(Updates with detail, comment from protests)
* Protesters back out after two killed in Mandalay
* Towns across the country see peaceful protests
* U.S. 'deeply concerned' by violence
* Facebook removes main military page for inciting violence
Feb 21 (Reuters) - Huge crowds marched in Myanmar on Sunday to denounce a Feb. 1 military coup in a show of defiance after the bloodiest episode of the campaign for democracy the previous day, when security forces fired on protesters, killing two.
The military has been unable to quell the demonstrations and a civil disobedience campaign of strikes against the coup and the detention of elected leader Aung San Suu Kyi and others, even with a promise of new elections and stern warnings against dissent.
Tens of thousands of people massed peacefully in the second city of Mandalay, where Saturday's killings took place, witnesses said.
"They aimed at the heads of unarmed civilians. They aimed at our future," a young protester told the crowd.
Military spokesman Zaw Min Tun has not responded to attempts by Reuters to contact him by telephone for comment.
He told a news conference on Tuesday the army's actions were within the constitution and supported by most people, and he blamed protesters for instigating violence.
In the main city of Yangon, thousands of mostly young people gathered at different sites to chant slogans and sing.

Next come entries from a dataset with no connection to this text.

-- ===== src/Control/Drain.antt =====
-- How a drain of crates/app/src/control.rs ends.
use intelnav.Base.{ℕ, zero, suc, ◌≡◌, refl, false, some, arith}
use intelnav.Control.{
  announcing, draining, stopped, SliceKey, SliceEntry, ControlState, key_eq_iff, one_less,
  begin_drain, guard_drop,
}
use intelnav.Control.Entries.{entry_of, entry-begin_drain, entry-release}

-- The last `n` chains of a slice drop their guards, one after another.
unfoldable pub drop_all : SliceKey → ℕ → ControlState → ControlState
drop_all k zero s = s
drop_all k (suc n) s = drop_all k n (guard_drop (record { key = k; released = false }) s)

drop_all-stops :
    (k : SliceKey) (n : ℕ) (s : ControlState) (e : SliceEntry)
    → entry_of s k ≡ some e
    → e.state ≡ draining
    → e.active_chains ≡ suc n
    → entry_of (drop_all k (suc n) s) k ≡ some (record e { state = stopped; active_chains = 0 })
unfolding drop_all guard_drop one_less
drop_all-stops k zero s e found st full = ground (arith, entry-release s k k, key_eq_iff k k)
drop_all-stops k (suc n) s e found st full =
    drop_all-stops k n _ (record e { active_chains = suc n })
      (ground (arith, entry-release s k k, key_eq_iff k k)) st refl

-- A leave of an announcing slice with chains attached ends: when exactly those chains have dropped
-- their guards, the slice is stopped with no chain counted.
pub leave_ends_stopped :
    (s : ControlState) (k : SliceKey) (now n : ℕ) (e : SliceEntry)
    → entry_of s k ≡ some e
    → e.state ≡ announcing
    → e.active_chains ≡ suc n
    → entry_of (drop_all k (suc n) (begin_drain s k now).0) k
      ≡ some (record e { state = stopped; active_chains = 0; draining_since = some now })
leave_ends_stopped s k now n e found st full =
    drop_all-stops k n _ (record e { state = draining; draining_since = some now })
      (ground (arith, entry-begin_drain s k k now, key_eq_iff k k)) refl full
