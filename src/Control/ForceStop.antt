-- ===== src/Control/ForceStop.antt =====
-- What the force-stop of crates/app/src/control.rs does to chains that are still attached.
use intelnav.Base.{
  ℕ, ◌<◌, String, ◌≡◌, inl, inr, Bool, true, false, ◌&&◌, Option, none, some, List, [], ◌∷◌, arith,
  ◌==◌,
}
use intelnav.Control.{
  SliceStatus, announcing, draining, stopped, SliceKey, SliceEntry, key_eq_iff, one_less,
  begin_drain, accept_chain, release_chain, is_status, guard_drop, force_stop_all_draining,
}
use intelnav.Control.Entries.{
  entry_of, entry-upsert, entry-begin_drain, accept-cases, entry-release, entry-drain_idle,
  entry-force_stop,
}
use intelnav.Control.Chains.{
  System, joins, leaves, connects, hangs_up, sweeps, forces, attached, detach, step, run,
}

-- A slice that counts one chain, in an announcing state.
abbrev pub one_chain : Option SliceEntry → Bool
one_chain none = false
one_chain (some e) = is_status e.state announcing && e.active_chains == 1

abbrev pub has_status : SliceStatus → Option SliceEntry → Bool
has_status st none = false
has_status st (some e) = is_status e.state st

abbrev fresh : Option SliceEntry → Bool
fresh none = false
fresh (some e) = is_status e.state announcing && e.active_chains == 0

module _ (w : System) (k : SliceKey) where
  forced-fresh :
      (name : String)
      → has_status draining (entry_of w.control k) ≡ true
      → let v = step (step w forces) (joins k name) in
        (fresh (entry_of v.control k) ≡ true) × (v.guards ≡ w.guards)
  unfolding step
  forced-fresh name d = ground (
    arith,
    entry-force_stop w.control k,
    key_eq_iff k k,
    entry-upsert (force_stop_all_draining w.control).0 k k name,
  )

  connects-one :
      fresh (entry_of w.control k) ≡ true
      → let v = step w (connects k) in
        (one_chain (entry_of v.control k) ≡ true) × (v.guards ≡ k ∷ w.guards)
  unfolding step accept_chain
  connects-one f = elim (accept-cases w.control k) [
    | inl refused ↦ absurd (ground arith)
    | inr (e, t, found, open_, taken, after) ↦ rw taken (ground (arith, after k, key_eq_iff k k))
  ]

  stale-strands :
      (gs : List SliceKey) (now : ℕ)
      → one_chain (entry_of w.control k) ≡ true
      → w.guards ≡ k ∷ gs
      → let v = step (step (step w (hangs_up k)) (leaves k now)) sweeps in
        (has_status stopped (entry_of v.control k) ≡ true) × (v.guards ≡ gs)
  unfolding step guard_drop one_less attached detach
  stale-strands gs now one held = rw held (
      ground (
        arith,
        key_eq_iff k k,
        entry-release w.control k k,
        entry-begin_drain (release_chain w.control k).0 k k now,
        entry-drain_idle (begin_drain (release_chain w.control k).0 k now).0 k,
      ))

-- For a draining slice with a chain attached: when a force-stop is followed by a join of the slice,
-- a new chain, the end of one of its chains, a leave and a sweep, the slice is stopped while as
-- many chains are attached to it as before the force-stop.
pub stale_guard_strands_chain :
    (w : System) (k : SliceKey) (name : String) (now : ℕ)
    → has_status draining (entry_of w.control k) ≡ true
    → 0 < attached k w.guards
    → let v =
        run w (forces ∷ joins k name ∷ connects k ∷ hangs_up k ∷ leaves k now ∷ sweeps ∷ []) in
      (has_status stopped (entry_of v.control k) ≡ true)
      × (attached k v.guards ≡ attached k w.guards)
unfolding run
stale_guard_strands_chain w k name now d held = ground (
  arith,
  forced-fresh w k name,
  connects-one (step (step w forces) (joins k name)) k,
  stale-strands (step (step (step w forces) (joins k name)) (connects k)) k w.guards now,
)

"Us young people have our dreams but this military coup has created so many obstacles," said Ko Pay in Yangon. "That's why we come out to the front of the protests."
In Myitkyina in the north, people laid flowers for the dead protesters. Big crowds marched in the central towns of Monywa and Bagan, in Dawei and Myeik in the south, Myawaddy in the east and Lashio in the northeast, posted pictures showed.
At the tourist spot of Inle Lake, people including Buddhist monks took to a flotilla of boats holding aloft portraits of Suu Kyi and signs saying "military coup - end".
The more than two weeks of protests had been largely peaceful until Saturday, unlike previous episodes of opposition during nearly half a century of direct military rule to 2011.
The violence looked unlikely to end the agitation.
"The number of people will increase ... We won't stop," protester Yin Nyein Hmway said in Yangon.
The trouble in Mandalay began with confrontations between the security forces and striking shipyard workers.
Video clips on social media showed members of the security forces firing at protesters and witnesses said they found the spent cartridges of live rounds.
U.N. Special Rapporteur for Myanmar Tom Andrews said he was horrified by the deaths of the two, one of them a teenaged boy.
"From water cannons to rubber bullets to tear gas and now hardened troops firing point blank at peaceful protesters. This madness must end, now," he said on Twitter.
The state-run Global New Light of Myanmar newspaper said the strikers sabotaged boats at the city's river port and attacked police with sticks, knives and catapults. Eight policemen and several soldiers were injured, it said.
"Some of the aggressive protesters were also injured due to the security measures conducted by the security force in accordance with the law," the newspaper said without mentioning the deaths.
Suu Kyi's National League for Democracy (NLD) condemned the violence by security forces in Mandalay as a crime against humanity.
A young woman protester, Mya Thwate Thwate Khaing, became the first death among the demonstrators on Friday. She was shot in the head on Feb. 9 in the capital Naypyitaw.
Hundreds of people attended her funeral on Sunday.
Military media said the bullet that killed her did not come from any gun used by police and so must have been fired by an "external weapon".
The army says one policeman has died of injuries sustained in a protest.
The army seized power after alleging fraud in Nov. 8 elections that the NLD swept, detaining Suu Kyi and others. The electoral commission dismissed the fraud complaints.
Facebook deleted the military's main page for repeated violations of its standards "prohibiting incitement of violence and coordinating harm" and Western countries that condemned the coup decried the violence.
U.S. State Department spokesman Ned Price said the United States was "deeply concerned".
France, Singapore, Britain and Germany also condemned the violence while U.N. Secretary-General Antonio Guterres said lethal force was unacceptable.
The United States, Britain and others have announced limited sanctions, focusing on military leaders, but the generals have long shrugged off foreign pressure.
Suu Kyi faces a charge of violating a Natural Disaster Management Law as well as illegally importing six walkie-talkie radios. Her next court appearance is on March 1.